Concert | Berlin-based Orchestras
Dark times and gloomy topics form the background to which the music applies its glowing script, thereby breaking, if not banishing the darkness. The basic colour of Leos Janáček’s Paternoster-composition is already shifted into lightness by means of its instrumentation: solo tenor, harp and organ. The music sounds like an infinite variation of the first plea: »Thy kingdom come …«. Yet it should not appear in the foreign tongue of the Western church, but rather in the composer’s own – stylised into sublimity: Church Slavonic. God should be a god of liberty – the liberty to one’s own identity.
Looked at in this way Francis Poulenc’s choral cantata Figure humaine (the human countenance) would also be a religious work – even though the name of God is not mentioned.
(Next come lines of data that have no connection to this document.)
-- ===== src/Examples/Names.antt =====
-- The spelling of the values of a small enum.
use Prim.Native.Char.{code}
use procframe.Prelude.{◌≡◌, refl, ◌↔◌, List, [], ◌∷◌, leb, ◌&&◌}
use procframe.Prelude.Text.{◌+++◌}
use procframe.Prelude.Distinct.{Distinct}
use procframe.Errors.{ok}
use procframe.Codegen.Naming.{
  Letters, EnumValueInfo, EnumMapping, camel_to_upper_snake, cli_value_of, enum_cli_values,
}
use procframe.Codegen.Naming.Collisions.{spellings, mappings_of, enum_cli_values-Distinct}

-- Letters without lower-case forms: all of `A` to `Z` are upper case, and no text changes.
abbrev pub capitals : Letters
capitals = record {
  is_upper = λ c. leb b'A' (code c) && leb (code c) b'Z';
  is_lower = λ c. leb b'a' (code c) && leb (code c) b'z';
  to_upper = λ c. c;
  to_lower_text = λ s. s;
}

abbrev pub some_values : List EnumValueInfo
some_values =
    record { proto_name = "LV_UNSPECIFIED"; number = 0 }
    ∷ record { proto_name = "LV_LOW"; number = 1 }
    ∷ record { proto_name = "HIGH"; number = 2 }
    ∷ []

abbrev pub some_mappings : List EnumMapping
some_mappings =
    record { cli_value = "LOW"; number = 1 } ∷ record { cli_value = "HIGH"; number = 2 } ∷ []

snake_example : camel_to_upper_snake capitals "HTTPStatus" ≡ "HTTP_Status"
unfolding camel_to_upper_snake
snake_example = refl

enum_cli_values-Distinct_example :
    let prefix = camel_to_upper_snake capitals "LV" +++ "_" in
    (enum_cli_values capitals "LV" some_values ≡ ok some_mappings) ↔ (
      Distinct (spellings capitals prefix some_values)
      × (mappings_of capitals prefix some_values ≡ some_mappings))
enum_cli_values-Distinct_example = enum_cli_values-Distinct capitals "LV" some_values some_mappings

pub some_values-spelled :
    mappings_of capitals (camel_to_upper_snake capitals "LV" +++ "_") some_values ≡ some_mappings
unfolding camel_to_upper_snake cli_value_of
some_values-spelled = refl
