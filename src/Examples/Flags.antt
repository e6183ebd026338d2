-- ===== src/Examples/Flags.antt =====
-- The flag values with a small strconv.
use Prim.Native.Char.{Char}
use procframe.Prelude.{
  Bool, ◌≤◌, ◌∙◌, ◌+◌, ◌-◌, leb, ltb, ◌&&◌, ◌||◌, inl, inr, if-true, if◌then◌else◌, ℕ, zero, suc,
  ◌≡◌, ◌≢◌, refl, ap, String, true, false, Option, none, some, List, [], ◌∷◌, ◌^◌, ◌<◌, map, arith,
  All, lookup,
}
use procframe.Prelude.Text.{◌+++◌}
use procframe.Prelude.Distinct.{Distinct}
use procframe.Errors.{Result, ok, err, plain}
use procframe.Codegen.Naming.{EnumValueInfo, camel_to_upper_snake, cli_value_of, enum_cli_values}
use procframe.Codegen.Naming.Collisions.{spellings, enum_cli_values-Distinct}
use procframe.Strconv.{Strconv}
use procframe.Cli.Flags.{
  int32_slice_set, int64_slice_set, uint32_slice_set, uint64_slice_set, int32_string, int64_string,
  uint32_string, uint64_string,
}
use procframe.Cli.Flags.Enums.{enum_set, enum_string}
use procframe.Cli.Flags.Enums.Generated.{enum_set-generated}
use procframe.Cli.Flags.RoundTrip.{IsSigned, ReadsBack, set_each, integer_slices-restored}
use procframe.Examples.Names.{capitals, some_values, some_mappings, some_values-spelled}

abbrev stroke : Char
stroke = "|"

-- Numbers as strokes.
abbrev strokes : ℕ → String
strokes zero = ""
strokes (suc n) = String.◌∷◌ stroke (strokes n)

abbrev count : String → ℕ
count String.[] = 0
count (String.◌∷◌ c s) = suc (count s)

count-strokes : (n : ℕ) → count (strokes n) ≡ n
count-strokes zero = refl
count-strokes (suc n) = ap suc (count-strokes n)

-- A result in the range of its size, which is 64 at most.
abbrev sized : Bool → ℕ → Result ℕ
sized fits n = if fits then ok n else err (plain "value out of range")

abbrev unsigned_fits : ℕ → ℕ → Bool
unsigned_fits n bits = leb bits 64 && ltb n (2 ^ bits)

abbrev signed_fits : ℕ → ℕ → Bool
signed_fits n bits =
    leb bits 64 && (ltb n (2 ^ (bits - 1)) || (leb (2 ^ 64) (n + 2 ^ (bits - 1)) && ltb n (2 ^ 64)))

signed-fits : (n bits : ℕ) → bits ≤ 64 → IsSigned n bits → signed_fits n bits ≡ true
signed-fits n bits small (inl h) = ground arith
signed-fits n bits small (inr (h, top)) = ground arith

unsigned-fits : (n bits : ℕ) → bits ≤ 64 → n < 2 ^ bits → unsigned_fits n bits ≡ true
unsigned-fits n bits small h = ground arith

abbrev pub some_strconv : Strconv (Unit {0}) (Unit {0})
some_strconv = record {
  parse_int = λ s bits. sized (signed_fits (count s) bits) (count s);
  parse_uint = λ s bits. sized (unsigned_fits (count s) bits) (count s);
  parse_bool = λ s. ok true;
  parse_float = λ s bits. ok tt;
  format_int = strokes;
  format_uint = strokes;
  format_bool = λ b. "true";
  format_float = λ f bits. "0";
  quote = λ s. s;
  to_float32 = λ f. f;
  to_float64 = λ f. f;
  max_float32 = tt;
  negated = λ f. f;
  exceeds = λ f g. false;
}

some_strconv-ReadsBack : ReadsBack some_strconv
some_strconv-ReadsBack = record {
  signed = λ n bits some_bits small h.
      ap (λ m. sized (signed_fits m bits) m) (count-strokes n)
      ∙ if-true _ _ (signed-fits n bits small h);
  unsigned = λ n bits some_bits small h.
      ap (λ m. sized (unsigned_fits m bits) m) (count-strokes n)
      ∙ if-true _ _ (unsigned-fits n bits small h);
}

abbrev few : List ℕ
few = 3 ∷ 2 ^ 31 ∷ []

few-small : All (λ n. n < 2 ^ 32) few
few-small = (omega arith, (omega arith, tt))

few-wide : All (λ n. n < 2 ^ 64) few
few-wide = (omega arith, (omega arith, tt))

integer_slices-restored_example :
    let text = λ (string : Option ℕ → String) (n : ℕ). string (some n) in
    (set_each
        (int32_slice_set some_strconv)
        (map (text (int32_string some_strconv)) few)
        (none, 7 ∷ [])
      ≡ (none, 7 ∷ few))
    × (set_each
          (uint32_slice_set some_strconv)
          (map (text (uint32_string some_strconv)) few)
          (none, 7 ∷ [])
        ≡ (none, 7 ∷ few))
    × (set_each
          (int64_slice_set some_strconv)
          (map (text (int64_string some_strconv)) few)
          (none, 7 ∷ [])
        ≡ (none, 7 ∷ few))
    × (set_each
          (uint64_slice_set some_strconv)
          (map (text (uint64_string some_strconv)) few)
          (none, 7 ∷ [])
        ≡ (none, 7 ∷ few))
integer_slices-restored_example =
    integer_slices-restored some_strconv some_strconv-ReadsBack few few (7 ∷ []) few-small few-wide

abbrev low : EnumValueInfo
low = record { proto_name = "LV_LOW"; number = 1 }

abbrev lv : String
lv = camel_to_upper_snake capitals "LV" +++ "_"

spelled-Distinct : Distinct (spellings capitals lv some_values)
unfolding camel_to_upper_snake cli_value_of lookup
spelled-Distinct = (refl, (refl, tt))

accepted : enum_cli_values capitals "LV" some_values ≡ ok some_mappings
accepted =
    (enum_cli_values-Distinct capitals "LV" some_values some_mappings).1
      (spelled-Distinct, some_values-spelled)

low-spelled : "LOW" ≡ cli_value_of capitals lv low
unfolding camel_to_upper_snake cli_value_of
low-spelled = refl

one-not-zero : low.number ≢ 0
one-not-zero h = omega (arith, h)

enum_set-generated_example :
    (enum_set some_strconv (λ s. s) "LV" some_mappings "LOW" 0 ≡ (none, 1))
    × (enum_set some_strconv (λ s. s) "LV" some_mappings (enum_string some_mappings (some 1)) 0
        ≡ (none, 1))
enum_set-generated_example =
    enum_set-generated some_strconv capitals "LV"
      (record { proto_name = "LV_UNSPECIFIED"; number = 0 } ∷ [])
      (record { proto_name = "HIGH"; number = 2 } ∷ []) low some_mappings "LOW" 0 (λ s. refl)
      accepted one-not-zero low-spelled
The composition is based on poems by Paul Eluard, written and distributed illegally by him during the Resistance. In the course of the composition it seems as if the music lifts the poetry out of its view of suffering, agony and cruelty; as if it raises its head and voice up to that 21-verse call – at the end of which stands the salvational word: »Liberté«. The darkness of time transforms itself into a shelter for the partisans of humanity.
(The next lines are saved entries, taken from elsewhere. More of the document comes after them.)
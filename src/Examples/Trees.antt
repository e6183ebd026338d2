-- ===== src/Examples/Trees.antt =====
-- The tree of commands of a small service.
use procframe.Prelude.{◌≡◌, refl, String, true, false, none, some, List, [], ◌∷◌}
use procframe.Codegen.Tree.{
  MethodInfo, ServiceInfo, TreeNode, build_tree, insert_services, insert_methods, insert_path,
  find_entry, set_entry,
}
use procframe.Codegen.Tree.Paths.{find_leaf}
use procframe.Codegen.Tree.Prune.{IsAlive}
use procframe.Codegen.Tree.Exact.{commands, listed, build_tree-exact}

abbrev pub method_at : String → List String → MethodInfo
method_at name path = record {
  go_name = name;
  path = path;
  cli = true;
  connect = false;
  ws = false;
  summary = "";
  hidden = false;
  input_go_name = "Req";
  output_go_name = "Res";
  full_name = name;
  shape = "unary";
}

abbrev pub service_of : List MethodInfo → ServiceInfo
service_of methods = record {
  go_name = "Repo";
  path = "repo" ∷ [];
  bind_into = "";
  summary = "";
  hidden = false;
  methods = methods;
}

abbrev pub apart_service : ServiceInfo
apart_service =
    service_of (method_at "List" ("pr" ∷ "list" ∷ []) ∷ method_at "Show" ("pr" ∷ "show" ∷ []) ∷ [])

build_tree-exact_example :
    (tree : TreeNode) × (build_tree (apart_service ∷ []) ≡ some tree)
    × ((q : List String) → find_leaf q tree ≡ listed q (commands (apart_service ∷ [])))
    × IsAlive tree
build_tree-exact_example = build_tree-exact (apart_service ∷ []) (((refl, tt), (tt, tt)))

-- A command at the beginning of another's path: the write to its nil map of children panics.
prefix_panics :
    build_tree
      (service_of (method_at "Pr" ("pr" ∷ []) ∷ method_at "List" ("pr" ∷ "list" ∷ []) ∷ []) ∷ [])
    ≡ none
unfolding build_tree insert_services insert_methods insert_path find_entry set_entry
prefix_panics = refl
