-- ===== src/Examples/Validation.antt =====
-- The checks of the generator on a small configuration and a small service.
use procframe.Prelude.{◌≡◌, refl, String, true, false, some, [], ◌∷◌, lookup, insert}
use procframe.Errors.{ok, err, plain, Result}
use procframe.Config.Load.{claim}
use procframe.Config.Bootstrap.{
  build_allowed_bootstrap_flags, build_allowed_from, validate_bootstrap_flag,
}
use procframe.Codegen.Naming.{field_to_flag_name}
use procframe.Codegen.ConfigModel.{ConfigFieldInfo, int32_kind, flag_name}
use procframe.Codegen.Validate.{
  validate_fields, validate_config_field_type, is_complex_config_field, validate_config_env,
  validate_config_bootstrap, validate_config_default, claim_unless, validate_duplicate_paths,
  check_services, check_paths,
}
use procframe.Examples.Flags.{some_strconv}
use procframe.Examples.Names.{capitals}
use procframe.Examples.Trees.{method_at, service_of}

abbrev pub level_field : ConfigFieldInfo
level_field = record {
  proto_name = "log_level";
  json_name = "logLevel";
  go_name = "LogLevel";
  kind = int32_kind;
  is_list = false;
  is_map = false;
  enum_type_name = "";
  enum_values = [];
  env = "APP_LOG_LEVEL";
  has_env = true;
  default_string = "||";
  has_default = true;
  required = false;
  secret = false;
  bootstrap = true;
}

abbrev pub no_bytes : String → Result String
no_bytes s = err (plain s)

-- Two methods at one path are refused.
same_path_refused :
    validate_duplicate_paths
      (λ s. s)
      (service_of (method_at "A" ("pr" ∷ []) ∷ method_at "B" ("pr" ∷ []) ∷ []) ∷ [])
    ≡ err (plain "duplicate CLI path repo pr: A and B")
unfolding validate_duplicate_paths check_services check_paths claim lookup insert
same_path_refused = refl

-- A field whose name begins with two underscores: the checks accept it, and the bootstrap parser of the
-- generated program refuses its flag.
abbrev underscore_field : ConfigFieldInfo
underscore_field = record level_field {
  proto_name = "__level";
  has_env = false;
  has_default = false;
}

underscores_accepted :
    validate_fields some_strconv capitals no_bytes "AppConfig" (underscore_field ∷ []) [] [] ≡ ok tt
unfolding validate_fields validate_config_field_type is_complex_config_field validate_config_env
    validate_config_bootstrap validate_config_default claim_unless flag_name field_to_flag_name
    claim lookup insert
underscores_accepted = refl

underscores_refused :
    build_allowed_bootstrap_flags (some (record { flag = flag_name underscore_field }) ∷ [])
    ≡ err (plain "bootstrap flag \"--level\" must not include -- prefix")
unfolding build_allowed_bootstrap_flags build_allowed_from validate_bootstrap_flag flag_name
    field_to_flag_name
underscores_refused = refl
Leos Janáček composed his last opera based on Fyodor Dostoevsky’s The House of the Dead. It is a penal camp, one of those institutions that the totalitarian century took over from the times of dynastic autocracy and perfected into a hell on earth. Partly, the opera erases the wish for a heaven on earth; partly, it militantly allows this wish to shine anew.
Nekuia stands for a magical rite, in which the spirits of the dead are invoked and questioned about the future. Iannis Xenakis gave his composition for voices and instruments a plastic shape; he created an architecture in time, the inside of which is invigorated by melodies, both instrumental and word-borne, that wander through the sound space, transforming themselves, changing, drawing distinct lines or shrouding themselves in a sounding mist. They keep within themselves the memory of singing – the elementary and individual basis of music. On the boundaries of experience, human dignity is on trial.
Leoš Janáček [1854-1928]
Otcenáš
for tenor, choir, harp and organ [1901/06]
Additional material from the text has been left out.